Pharmacy Practice Faculty Presentations

Title

Organization of a Geriatrics Elective Using Traditional and Student-Directed Instructional Methods

Document Type

Conference Presentation

Conference/Event

American Association of Colleges of Pharmacy Annual Meeting

Location

Minneapolis, MN

Event Date

7-2003

Keywords

Pharmacy education, geriatrics, elective, instruction

Abstract

Objectives: To develop, implement and evaluate a geriatrics elective course that provides students the opportunity to improve long-term knowledge of complications in geriatric pharmacotherapy. To increase interest in senior care pharmacy. Methods: A geriatrics elective was introduced in Fall 2002 with students ranging from professional year 1.5 to 3. Students' geriatric knowledge base was assessed at the beginning of the course using a pre-course evaluation. Teaching methods included discussion of scientific, clinical, and popular literature, utilizing “The Age Game”, reflective journal writings, and traditional didactic lectures. To enhance learning, students visited and performed a drug regimen review of residents in an area nursing home and the recommendations were presented in person to the physician of record. Course evaluations were conducted at the end to gather student perceptions.
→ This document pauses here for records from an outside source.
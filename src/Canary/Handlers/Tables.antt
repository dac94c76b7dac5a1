-- ===== src/Canary/Handlers/Tables.antt =====
-- The table of connections stays sound through every frame: its pointers are distinct and lead to
-- States.
use dynamic_labyrinth.Base.{
  ℕ, zero, suc, ◌<◌, ◌≡◌, ◌⊎◌, inl, inr, Option, none, some, List, [], ◌∷◌, length, set, refl, ap,
  ◌∙◌, Bool-cases, ◌==◌,
}
use dynamic_labyrinth.Canary.Send.{Effect}
use dynamic_labyrinth.Canary.StateTable.{Table, remove}
use dynamic_labyrinth.Canary.StateTable.Search.{InTable, here, there, IsDistinct, free, taken}
use dynamic_labyrinth.Canary.Handlers.{Node, is_removed, apply_removes}

-- `t'` has no pointer that `t` has not, and keeps its size.
pub record Shrinks (t t' : Table) : Type 0 where
  pub size : length t' ≡ length t
  pub subset : (q : ℕ) → InTable q t' → InTable q t
  pub distinct : IsDistinct t → IsDistinct t'

IsDistinct-tail : {slot : Option ℕ} {t : Table} → IsDistinct (slot ∷ t) → IsDistinct t
IsDistinct-tail (free d) = d
IsDistinct-tail (taken n d) = d

IsDistinct-head : {p : ℕ} {t : Table} → IsDistinct (some p ∷ t) → ¬ InTable p t
IsDistinct-head (taken n d) = n

InTable-cons :
    {slot : Option ℕ} {t t' : Table} {q : ℕ}
    → (InTable q t' → InTable q t)
    → InTable q (slot ∷ t')
    → InTable q (slot ∷ t)
InTable-cons f here = here
InTable-cons f (there m) = there (f m)

InTable-free : {q : ℕ} {t : Table} → InTable q (none ∷ t) → InTable q t
InTable-free (there m) = m

Shrinks-cons : (slot : Option ℕ) {t t' : Table} → Shrinks t t' → Shrinks (slot ∷ t) (slot ∷ t')
Shrinks-cons none r = record {
  size = ap suc r.size;
  subset = λ q m. InTable-cons (r.subset q) m;
  distinct = λ d. free (r.distinct (IsDistinct-tail d));
}
Shrinks-cons (some p) r = record {
  size = ap suc r.size;
  subset = λ q m. InTable-cons (r.subset q) m;
  distinct = λ d. taken (λ m. IsDistinct-head d (r.subset p m)) (r.distinct (IsDistinct-tail d));
}

Shrinks-refl : (t : Table) → Shrinks t t
Shrinks-refl t = record { size = refl; subset = λ q m. m; distinct = λ d. d }

remove-Shrinks : (p : ℕ) (t : Table) → Shrinks t (remove p t)
unfolding remove
remove-Shrinks p [] = Shrinks-refl []
remove-Shrinks p (none ∷ t) = Shrinks-cons none (remove-Shrinks p t)
remove-Shrinks p (some q ∷ t) = elim (Bool-cases (q == p)) [
  | inl h ↦ rw h (record {
    size = refl;
    subset = λ r m. there (InTable-free m);
    distinct = λ d. free (IsDistinct-tail d);
  })
  | inr h ↦ rw h (Shrinks-cons (some q) (remove-Shrinks p t))
]

Shrinks-trans : {t t' t'' : Table} → Shrinks t t' → Shrinks t' t'' → Shrinks t t''
Shrinks-trans r s = record {
  size = s.size ∙ r.size;
  subset = λ q m. r.subset q (s.subset q m);
  distinct = λ d. s.distinct (r.distinct d);
}

pub apply_removes-Shrinks :
    (p : ℕ) (es : List Effect) (t : Table) → Shrinks t (apply_removes p es t)
unfolding apply_removes
apply_removes-Shrinks p [] t = Shrinks-refl t
apply_removes-Shrinks p (e ∷ es) t = elim (Bool-cases (is_removed e)) [
  | inl h ↦ rw h (Shrinks-trans (remove-Shrinks p t) (apply_removes-Shrinks p es (remove p t)))
  | inr h ↦ rw h (apply_removes-Shrinks p es t)
]

pub InTable-set : (i p q : ℕ) (t : Table) → InTable q (set t i (some p)) → (q ≡ p) ⊎ InTable q t
InTable-set i p q [] m = inr m
InTable-set zero p _ (slot ∷ t) here = inl refl
InTable-set zero p q (slot ∷ t) (there m) = inr (there m)
InTable-set (suc i) p q (_ ∷ t) here = inr here
InTable-set (suc i) p q (slot ∷ t) (there m) = elim (InTable-set i p q t m) [
  | inl e ↦ inl e
  | inr m' ↦ inr (there m')
]

pub IsDistinct-set :
    (i p : ℕ) (t : Table) → ¬ InTable p t → IsDistinct t → IsDistinct (set t i (some p))
IsDistinct-set i p [] n d = d
IsDistinct-set zero p (slot ∷ t) n d = taken (λ m. n (there m)) (IsDistinct-tail d)
IsDistinct-set (suc i) p (none ∷ t) n d =
    free (IsDistinct-set i p t (λ m. n (there m)) (IsDistinct-tail d))
IsDistinct-set (suc i) p (some q ∷ t) n d =
    taken
      (λ m. elim (InTable-set i p q t m) [
        | inl e ↦ n (rw (← e) here)
        | inr m' ↦ IsDistinct-head d m'
      ])
      (IsDistinct-set i p t (λ m. n (there m)) (IsDistinct-tail d))

-- Pointers are distinct and lead to States.
pub record IsValid (node : Node) : Type 0 where
  pub distinct : IsDistinct node.table
  pub within : (p : ℕ) → InTable p node.table → p < length node.heap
A post-course evaluation will be conducted three months after conclusion of the course to evaluate long-term benefits of instructional methods used. Results: Preliminary results indicate that students had moderate knowledge of aging and geriatric pharmacotherapy prior to the course. Presentation of drug regimen reviews to physician suggests significant improvement in knowledge and application of the principles delineated in the course. Course evaluations show that the course was a valuable experience but did not stimulate interest in a career in senior care pharmacy. Data will be collected to examine 3-month retention of learning issues and results will be presented. Implications: A geriatrics course that utilizes student-centered learning methods can improve knowledge and application of complexities that are common in the geriatric population.